From the line that contains "set_status status none = none" through the line that contains "-- the save, and", output every line of the listing below exactly and leave out all the rest.

+---+

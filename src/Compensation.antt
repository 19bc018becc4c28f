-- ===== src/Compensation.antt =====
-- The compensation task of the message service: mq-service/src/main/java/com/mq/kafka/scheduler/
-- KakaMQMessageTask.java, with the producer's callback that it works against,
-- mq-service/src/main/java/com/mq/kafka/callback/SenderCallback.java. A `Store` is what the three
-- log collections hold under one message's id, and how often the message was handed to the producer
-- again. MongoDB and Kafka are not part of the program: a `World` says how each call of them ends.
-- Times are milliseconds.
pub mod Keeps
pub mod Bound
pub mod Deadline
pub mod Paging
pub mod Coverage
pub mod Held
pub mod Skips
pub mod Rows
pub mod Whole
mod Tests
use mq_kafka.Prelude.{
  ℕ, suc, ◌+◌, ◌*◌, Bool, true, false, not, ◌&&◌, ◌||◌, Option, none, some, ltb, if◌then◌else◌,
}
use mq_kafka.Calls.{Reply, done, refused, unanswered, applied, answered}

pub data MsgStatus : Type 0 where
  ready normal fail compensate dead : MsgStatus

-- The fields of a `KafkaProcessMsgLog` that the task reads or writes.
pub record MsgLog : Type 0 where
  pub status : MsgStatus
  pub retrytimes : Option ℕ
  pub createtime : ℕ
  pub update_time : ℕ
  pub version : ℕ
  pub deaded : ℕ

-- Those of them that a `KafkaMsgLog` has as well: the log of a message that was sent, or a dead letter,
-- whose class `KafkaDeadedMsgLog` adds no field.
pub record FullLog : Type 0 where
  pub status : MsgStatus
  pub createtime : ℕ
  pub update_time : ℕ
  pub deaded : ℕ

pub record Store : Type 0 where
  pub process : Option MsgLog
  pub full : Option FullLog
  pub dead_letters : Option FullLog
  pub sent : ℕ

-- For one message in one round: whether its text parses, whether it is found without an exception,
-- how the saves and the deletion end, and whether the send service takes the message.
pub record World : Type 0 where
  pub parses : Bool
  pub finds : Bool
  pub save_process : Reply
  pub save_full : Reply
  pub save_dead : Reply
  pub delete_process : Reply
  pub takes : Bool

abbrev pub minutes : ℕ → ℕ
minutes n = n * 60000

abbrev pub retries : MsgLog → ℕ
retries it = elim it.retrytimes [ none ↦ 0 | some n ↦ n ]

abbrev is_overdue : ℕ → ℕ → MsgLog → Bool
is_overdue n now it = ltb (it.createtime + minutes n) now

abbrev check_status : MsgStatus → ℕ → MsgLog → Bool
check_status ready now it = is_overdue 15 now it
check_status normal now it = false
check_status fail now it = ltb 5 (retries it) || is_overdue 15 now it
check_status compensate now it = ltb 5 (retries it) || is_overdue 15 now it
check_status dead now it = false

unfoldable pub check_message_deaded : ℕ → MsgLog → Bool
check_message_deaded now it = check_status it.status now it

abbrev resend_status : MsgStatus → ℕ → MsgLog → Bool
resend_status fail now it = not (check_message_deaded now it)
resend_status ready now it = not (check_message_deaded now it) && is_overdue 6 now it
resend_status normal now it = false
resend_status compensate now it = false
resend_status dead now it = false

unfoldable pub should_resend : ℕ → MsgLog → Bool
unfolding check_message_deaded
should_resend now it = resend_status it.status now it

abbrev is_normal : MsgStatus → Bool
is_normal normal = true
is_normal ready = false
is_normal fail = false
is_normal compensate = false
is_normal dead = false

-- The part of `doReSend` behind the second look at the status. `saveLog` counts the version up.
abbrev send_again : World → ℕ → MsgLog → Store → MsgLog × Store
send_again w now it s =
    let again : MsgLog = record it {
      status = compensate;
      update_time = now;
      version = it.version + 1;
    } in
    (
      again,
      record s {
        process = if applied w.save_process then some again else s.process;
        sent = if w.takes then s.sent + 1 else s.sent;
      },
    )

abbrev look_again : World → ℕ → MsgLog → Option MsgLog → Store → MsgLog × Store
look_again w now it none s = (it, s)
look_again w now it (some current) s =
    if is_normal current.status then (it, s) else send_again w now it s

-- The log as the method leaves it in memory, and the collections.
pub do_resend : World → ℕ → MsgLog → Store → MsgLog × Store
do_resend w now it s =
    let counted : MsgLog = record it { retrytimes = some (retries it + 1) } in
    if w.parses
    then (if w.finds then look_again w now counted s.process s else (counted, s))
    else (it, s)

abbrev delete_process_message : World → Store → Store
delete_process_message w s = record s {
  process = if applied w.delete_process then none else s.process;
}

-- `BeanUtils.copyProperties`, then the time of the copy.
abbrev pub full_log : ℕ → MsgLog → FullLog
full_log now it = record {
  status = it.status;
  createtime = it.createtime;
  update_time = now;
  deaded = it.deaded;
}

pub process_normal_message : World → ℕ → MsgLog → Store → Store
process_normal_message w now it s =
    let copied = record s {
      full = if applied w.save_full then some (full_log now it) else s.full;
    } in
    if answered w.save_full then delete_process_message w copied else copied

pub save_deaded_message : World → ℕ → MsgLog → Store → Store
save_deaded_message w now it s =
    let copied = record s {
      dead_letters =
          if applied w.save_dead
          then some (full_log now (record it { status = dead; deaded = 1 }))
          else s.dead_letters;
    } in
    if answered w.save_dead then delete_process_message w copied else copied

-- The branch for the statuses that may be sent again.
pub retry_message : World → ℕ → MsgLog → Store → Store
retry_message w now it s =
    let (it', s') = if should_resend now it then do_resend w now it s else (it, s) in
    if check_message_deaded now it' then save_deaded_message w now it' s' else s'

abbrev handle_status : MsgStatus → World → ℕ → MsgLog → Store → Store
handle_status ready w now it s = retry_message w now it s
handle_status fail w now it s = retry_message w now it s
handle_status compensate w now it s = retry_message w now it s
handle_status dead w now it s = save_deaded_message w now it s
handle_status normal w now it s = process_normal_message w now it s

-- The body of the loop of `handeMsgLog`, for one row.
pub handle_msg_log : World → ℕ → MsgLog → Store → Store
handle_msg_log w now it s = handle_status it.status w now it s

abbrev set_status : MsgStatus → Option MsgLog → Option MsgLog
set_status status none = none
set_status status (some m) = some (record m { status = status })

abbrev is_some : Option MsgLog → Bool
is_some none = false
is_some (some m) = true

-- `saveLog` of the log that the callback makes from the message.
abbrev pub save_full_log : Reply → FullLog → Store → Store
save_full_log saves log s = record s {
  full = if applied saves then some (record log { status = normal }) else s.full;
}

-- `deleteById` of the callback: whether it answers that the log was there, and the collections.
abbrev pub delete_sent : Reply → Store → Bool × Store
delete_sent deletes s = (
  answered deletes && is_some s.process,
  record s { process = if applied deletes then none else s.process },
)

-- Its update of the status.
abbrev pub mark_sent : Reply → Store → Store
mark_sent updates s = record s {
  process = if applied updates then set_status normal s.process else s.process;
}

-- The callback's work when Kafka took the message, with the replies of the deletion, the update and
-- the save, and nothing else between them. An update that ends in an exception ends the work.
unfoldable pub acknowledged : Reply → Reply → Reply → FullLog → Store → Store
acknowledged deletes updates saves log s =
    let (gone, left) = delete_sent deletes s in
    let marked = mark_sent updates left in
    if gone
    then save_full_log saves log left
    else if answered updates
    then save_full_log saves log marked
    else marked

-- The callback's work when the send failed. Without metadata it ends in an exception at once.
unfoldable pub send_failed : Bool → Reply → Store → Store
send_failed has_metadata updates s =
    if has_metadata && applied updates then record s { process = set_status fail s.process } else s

+---+

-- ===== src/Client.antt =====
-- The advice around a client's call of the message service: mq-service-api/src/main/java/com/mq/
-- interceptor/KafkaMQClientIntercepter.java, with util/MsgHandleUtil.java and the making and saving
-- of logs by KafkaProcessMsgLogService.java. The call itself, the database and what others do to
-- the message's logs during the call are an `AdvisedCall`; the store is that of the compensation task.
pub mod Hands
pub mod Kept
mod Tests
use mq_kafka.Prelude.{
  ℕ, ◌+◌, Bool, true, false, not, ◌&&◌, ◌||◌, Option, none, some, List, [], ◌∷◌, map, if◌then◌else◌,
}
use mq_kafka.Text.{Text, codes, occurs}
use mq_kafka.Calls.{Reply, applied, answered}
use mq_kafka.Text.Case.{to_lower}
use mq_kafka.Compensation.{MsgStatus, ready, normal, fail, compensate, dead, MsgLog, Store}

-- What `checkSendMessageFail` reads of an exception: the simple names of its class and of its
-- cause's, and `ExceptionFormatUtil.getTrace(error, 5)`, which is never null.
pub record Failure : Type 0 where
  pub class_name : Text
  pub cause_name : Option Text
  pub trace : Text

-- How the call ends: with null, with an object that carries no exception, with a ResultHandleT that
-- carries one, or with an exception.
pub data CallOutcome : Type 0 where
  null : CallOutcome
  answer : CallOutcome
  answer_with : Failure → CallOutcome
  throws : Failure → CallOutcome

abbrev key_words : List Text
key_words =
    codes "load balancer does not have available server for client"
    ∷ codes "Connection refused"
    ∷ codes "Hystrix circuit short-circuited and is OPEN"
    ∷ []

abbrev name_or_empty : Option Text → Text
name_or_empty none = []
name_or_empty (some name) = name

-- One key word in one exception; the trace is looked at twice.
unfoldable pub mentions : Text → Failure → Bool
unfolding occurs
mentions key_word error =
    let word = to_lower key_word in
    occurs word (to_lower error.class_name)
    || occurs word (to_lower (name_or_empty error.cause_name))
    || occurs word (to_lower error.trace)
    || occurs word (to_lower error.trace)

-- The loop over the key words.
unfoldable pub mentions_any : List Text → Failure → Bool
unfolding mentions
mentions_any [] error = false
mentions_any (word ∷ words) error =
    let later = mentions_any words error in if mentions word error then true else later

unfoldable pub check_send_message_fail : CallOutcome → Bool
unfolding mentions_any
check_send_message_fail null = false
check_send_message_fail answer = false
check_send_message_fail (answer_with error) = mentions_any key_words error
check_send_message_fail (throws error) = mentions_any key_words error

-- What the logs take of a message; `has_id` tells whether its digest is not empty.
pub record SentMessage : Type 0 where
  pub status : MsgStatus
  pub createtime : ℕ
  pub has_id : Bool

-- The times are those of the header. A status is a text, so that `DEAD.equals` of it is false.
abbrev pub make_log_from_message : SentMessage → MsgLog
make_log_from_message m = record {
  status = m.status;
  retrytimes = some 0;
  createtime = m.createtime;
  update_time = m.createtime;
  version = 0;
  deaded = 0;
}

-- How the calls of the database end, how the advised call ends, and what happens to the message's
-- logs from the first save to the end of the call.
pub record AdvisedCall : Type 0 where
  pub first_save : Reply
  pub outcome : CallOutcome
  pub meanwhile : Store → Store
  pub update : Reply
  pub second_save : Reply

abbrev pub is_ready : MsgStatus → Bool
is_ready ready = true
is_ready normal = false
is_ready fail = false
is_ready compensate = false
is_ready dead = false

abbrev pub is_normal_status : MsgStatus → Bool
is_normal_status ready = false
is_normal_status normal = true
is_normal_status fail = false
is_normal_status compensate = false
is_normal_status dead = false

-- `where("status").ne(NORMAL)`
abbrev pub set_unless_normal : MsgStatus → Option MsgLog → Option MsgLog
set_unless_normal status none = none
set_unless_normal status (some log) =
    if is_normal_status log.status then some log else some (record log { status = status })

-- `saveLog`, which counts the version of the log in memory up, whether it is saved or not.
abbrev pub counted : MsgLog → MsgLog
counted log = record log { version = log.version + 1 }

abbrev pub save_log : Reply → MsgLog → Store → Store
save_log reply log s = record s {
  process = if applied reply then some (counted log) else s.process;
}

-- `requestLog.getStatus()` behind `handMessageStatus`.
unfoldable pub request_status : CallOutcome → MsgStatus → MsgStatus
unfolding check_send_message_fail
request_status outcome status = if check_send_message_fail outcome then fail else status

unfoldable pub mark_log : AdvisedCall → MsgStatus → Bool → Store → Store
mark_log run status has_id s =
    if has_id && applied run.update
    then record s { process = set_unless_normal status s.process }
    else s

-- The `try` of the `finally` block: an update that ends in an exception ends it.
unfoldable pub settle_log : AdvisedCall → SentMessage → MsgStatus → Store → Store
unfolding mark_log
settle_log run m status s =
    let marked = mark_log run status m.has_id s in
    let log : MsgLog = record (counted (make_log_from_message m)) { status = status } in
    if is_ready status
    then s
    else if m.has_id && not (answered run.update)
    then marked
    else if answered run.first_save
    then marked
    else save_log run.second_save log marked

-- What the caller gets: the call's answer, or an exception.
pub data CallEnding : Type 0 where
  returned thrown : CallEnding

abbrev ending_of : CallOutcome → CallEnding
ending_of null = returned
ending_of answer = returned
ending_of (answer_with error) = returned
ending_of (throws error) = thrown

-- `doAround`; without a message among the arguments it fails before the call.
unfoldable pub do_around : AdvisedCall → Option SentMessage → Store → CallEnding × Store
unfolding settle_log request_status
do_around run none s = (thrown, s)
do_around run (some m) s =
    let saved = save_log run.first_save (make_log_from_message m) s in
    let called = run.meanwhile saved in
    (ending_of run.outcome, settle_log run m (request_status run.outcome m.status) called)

+---+

*Result:*
set_status status none = none
set_status status (some m) = some (record m { status = status })

abbrev is_some : Option MsgLog → Bool
is_some none = false
is_some (some m) = true

-- `saveLog` of the log that the callback makes from the message.
abbrev pub save_full_log : Reply → FullLog → Store → Store
save_full_log saves log s = record s {
  full = if applied saves then some (record log { status = normal }) else s.full;
}

-- `deleteById` of the callback: whether it answers that the log was there, and the collections.
abbrev pub delete_sent : Reply → Store → Bool × Store
delete_sent deletes s = (
  answered deletes && is_some s.process,
  record s { process = if applied deletes then none else s.process },
)

-- Its update of the status.
abbrev pub mark_sent : Reply → Store → Store
mark_sent updates s = record s {
  process = if applied updates then set_status normal s.process else s.process;
}

-- The callback's work when Kafka took the message, with the replies of the deletion, the update and
-- the save, and nothing else between them. An update that ends in an exception ends the work.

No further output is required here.